KANSAS CITY, Mo. — Kansas City is forced to play a waiting game for new development, including the future of a possible downtown stadium for the Kansas City Royals.
That’s what Kansas City Manager Brian Platt said Thursday. He told FOX4 he’s not hearing directly from Royals ownership about the proposed ballpark development.
“A development deal like this, it could be a billion dollars,” Platt said.
Platt said he and his staff are doing everything they can to keep the process going, as interest grows in the potential of moving the Royals downtown and away from Kauffman Stadium.
On Thursday, Platt said he’s disappointed that the Royals haven’t communicated their vision or needs, or even which of many proposed locations they’d prefer.
“The biggest frustration that we’re feeling is that we haven’t been given a lot of information from the Royals directly. No one really knows what the plan is. No one knows what their intentions are,” Platt said.
To speed the effort, Platt hopes to hire Doug Bach, former Wyandotte County administrator, to work as a consultant or liaison between the baseball club and the city. Platt believes Bach’s experience in helping build Children’s Mercy Park, home of Sporting Kansas City, makes him a valuable ally.
City councilmembers complained they learned of the intent to hire Bach via a late night email. Platt explained there was no intent to deceive, and he tends to work late hours. Hence, the overnight email.
However, while the city waits, according to Platt, other projects are on hold.
“We have large areas that have not been developed while we’re waiting to hear about a stadium,” Platt added.
FOX4 contacted the Royals about Platt’s disappointments, and Royals Chief Operating Officer Brooks Sherman released the following statement:
“We indicated early on that we would be undertaking a diligent, deliberate and transparent process, and we are doing so. We have had multiple updates with Mayor Lucas and Jackson County Executive Frank White and will continue to do so going forward.
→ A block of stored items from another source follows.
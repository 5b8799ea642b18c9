-- ===== src/Ds/Strings/Order.antt =====
-- ds/str/ds_strlist.h: the order of strings, and that of the nodes of `StrSkiplist`.
use lightdb.Common.{Str, str_lt, ◌≡◌, refl, [], ◌∷◌, List, true, false, arith, ◌<◌, ◌≢◌}
use lightdb.Ds.Strings.{StrNode}

pub str_lt_irrefl : (a : Str) → str_lt a a ≡ false
unfolding str_lt
str_lt_irrefl [] = refl
str_lt_irrefl (x ∷ a) = ground (arith, str_lt_irrefl a)

pub str_lt_trans : (a b c : Str) → str_lt a b ≡ true → str_lt b c ≡ true → str_lt a c ≡ true
unfolding str_lt
str_lt_trans a b [] h g = cc
str_lt_trans a [] (z ∷ c) h g = cc
str_lt_trans [] (y ∷ b) (z ∷ c) h g = refl
str_lt_trans (x ∷ a) (y ∷ b) (z ∷ c) h g = ground (arith, str_lt_trans a b c)

pub str_lt_total : (a b : Str) → str_lt a b ≡ false → str_lt b a ≡ false → a ≡ b
unfolding str_lt
str_lt_total [] [] h g = refl
str_lt_total [] (y ∷ b) h g = cc
str_lt_total (x ∷ a) [] h g = cc
str_lt_total (x ∷ a) (y ∷ b) h g = ground (arith, str_lt_total a b)

-- The keys of the nodes are all below a key.
abbrev pub Below : Str → List StrNode → Type 0
Below k [] = Unit
Below k (n ∷ ns) = (str_lt n.key k ≡ true) × Below k ns

-- Keys descend, none is empty, and a node has a pointer at least.
abbrev pub IsOrdered : List StrNode → Type 0
IsOrdered [] = Unit
IsOrdered (n ∷ ns) = (0 < n.height) × (n.key ≢ []) × Below n.key ns × IsOrdered ns
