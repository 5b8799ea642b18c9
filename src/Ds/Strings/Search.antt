-- ===== src/Ds/Strings/Search.antt =====
-- ds/str/ds_strlist.h: what `find` gives, against the scan of the bottom level.
use lightdb.Common.{
  ℕ, zero, suc, ◌-◌, ◌≤◌, ltb, if◌then◌else◌, take, length, length-append, take-append, false,
  Bool-cases, inl, inr, Str, str_lt, ◌≡◌, refl, arith, [], ◌∷◌, ◌++◌, ◌∙◌, List, ap, sym,
}
use lightdb.Ds.Strings.{StrNode, StrSkiplist, walk, descend, find, shrink, max_level, before}
use lightdb.Ds.Strings.Order.{Below, IsOrdered, str_lt_trans}

-- The scan of the bottom level: what is left after the nodes with greater keys, and those.
unfoldable pub beyond : Str → List StrNode → List StrNode
beyond key [] = []
beyond key (n ∷ ns) = let rest = beyond key ns in if str_lt key n.key then rest else n ∷ ns

unfoldable pub passed : Str → List StrNode → List StrNode
passed key [] = []
passed key (n ∷ ns) = let rest = passed key ns in if str_lt key n.key then n ∷ rest else []

walk_stays :
    (i : ℕ) (key k : Str) (p ns : List StrNode)
    → str_lt key k ≡ false
    → Below k ns
    → walk i key p ns ≡ p
unfolding walk
walk_stays i key k p [] h b = refl
walk_stays i key k p (n ∷ ns) h b =
    ground (arith, walk_stays i key k p ns h b.1, str_lt_trans key n.key k)

beyond-walk :
    (i : ℕ) (key : Str) (p ns : List StrNode)
    → IsOrdered ns
    → beyond key ns ≡ beyond key p
    → beyond key (walk i key p ns) ≡ beyond key p
unfolding walk beyond
beyond-walk i key p [] o e = refl
beyond-walk i key p (n ∷ ns) o e = elim (Bool-cases (str_lt key n.key)) [
  | inl h ↦ ground (arith, beyond-walk i key ns ns o.3 refl, beyond-walk i key p ns o.3)
  | inr h ↦ ground (arith, walk_stays i key n.key p ns h o.2)
]

walk-IsOrdered :
    (i : ℕ) (key : Str) (p ns : List StrNode)
    → IsOrdered p
    → IsOrdered ns
    → IsOrdered (walk i key p ns)
unfolding walk
walk-IsOrdered i key p [] o q = o
walk-IsOrdered i key p (n ∷ ns) o q = elim (Bool-cases (ltb i n.height)) [
  | inl t ↦ elim (Bool-cases (str_lt key n.key)) [
    | inl h ↦ rw (t, h) (walk-IsOrdered i key ns ns q.3 q.3)
    | inr h ↦ rw (t, h) o
  ]
  | inr t ↦ rw t (walk-IsOrdered i key p ns o q.3)
]

walk_bottom : (key : Str) (ns : List StrNode) → IsOrdered ns → walk 0 key ns ns ≡ beyond key ns
unfolding walk beyond
walk_bottom key [] o = refl
walk_bottom key (n ∷ ns) o = ground (arith, walk_bottom key ns o.3, o.0)

descend-beyond :
    (l : ℕ) (key : Str) (p : List StrNode) → IsOrdered p → descend (suc l) key p ≡ beyond key p
unfolding descend
descend-beyond zero key p o = walk_bottom key p o
descend-beyond (suc l) key p o =
    descend-beyond l key (walk (suc l) key p p) (walk-IsOrdered (suc l) key p p o o)
    ∙ beyond-walk (suc l) key p p o refl

-- No node is higher than the list.
abbrev pub Low : ℕ → List StrNode → Type 0
Low l [] = Unit
Low l (n ∷ ns) = (n.height ≤ l) × Low l ns

pub record IsSkiplist (s : StrSkiplist) : Type 0 where
  pub ordered : IsOrdered s.nodes
  pub low : Low s.level s.nodes
  pub tight : shrink s.level s.nodes ≡ s.level
  pub bounded : s.level ≤ max_level
  pub counted : s.count ≡ length s.nodes

-- On a skip list in order, the search from the highest level down ends where a scan of the
-- bottom level ends: behind the last node whose key is greater.
pub find-beyond : (s : StrSkiplist) (key : Str) → IsSkiplist s → find s key ≡ beyond key s.nodes
unfolding find descend beyond
find-beyond s key w = by_level s.level s.nodes w.ordered w.low
  where
    by_level :
        (l : ℕ) (ns : List StrNode) → IsOrdered ns → Low l ns → descend l key ns ≡ beyond key ns
    by_level zero [] o low = refl
    by_level zero (n ∷ ns) o low = ground arith
    by_level (suc l) ns o low = descend-beyond l key ns o

pub passed-beyond : (key : Str) (ns : List StrNode) → passed key ns ++ beyond key ns ≡ ns
unfolding passed beyond
passed-beyond key [] = refl
passed-beyond key (n ∷ ns) = ground (arith, passed-beyond key ns)

-- The nodes up to the position found are those that the scan passes.
pub before-beyond :
    (s : StrSkiplist) (key : Str)
    → IsSkiplist s
    → before s (beyond key s.nodes) ≡ passed key s.nodes
before-beyond s key w =
    let front = passed key s.nodes in
    let rest = beyond key s.nodes in
    ap (λ ns. take (length ns - length rest) ns) (sym (passed-beyond key s.nodes))
    ∙ take-append (length (front ++ rest) - length rest) front rest
        (omega (arith, length-append front rest))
As promised, transparency will continue to be our guidepost.”
Tony Tocco, longtime Rockhurst University business professor at the Helzberg School of Management, points to St. Louis’ downtown Ballpark Village, which has been a successful moneymaker for that city, as the potential Kansas City could see by moving the Royals downtown.
“Think about what that will do. Hotels will open up. Restaurants will open up and all the byproducts will benefit from it. Everything will benefit from that situation,” Tocco said.
Tocco also pointed out the reciprocal effect that moving the Royals downtown might have, and that the city’s east end would likely suffer from losing the team.
As for the Royals ownership group, Platt said there’s no deadline for their input yet, but he hopes to keep this ball moving soon.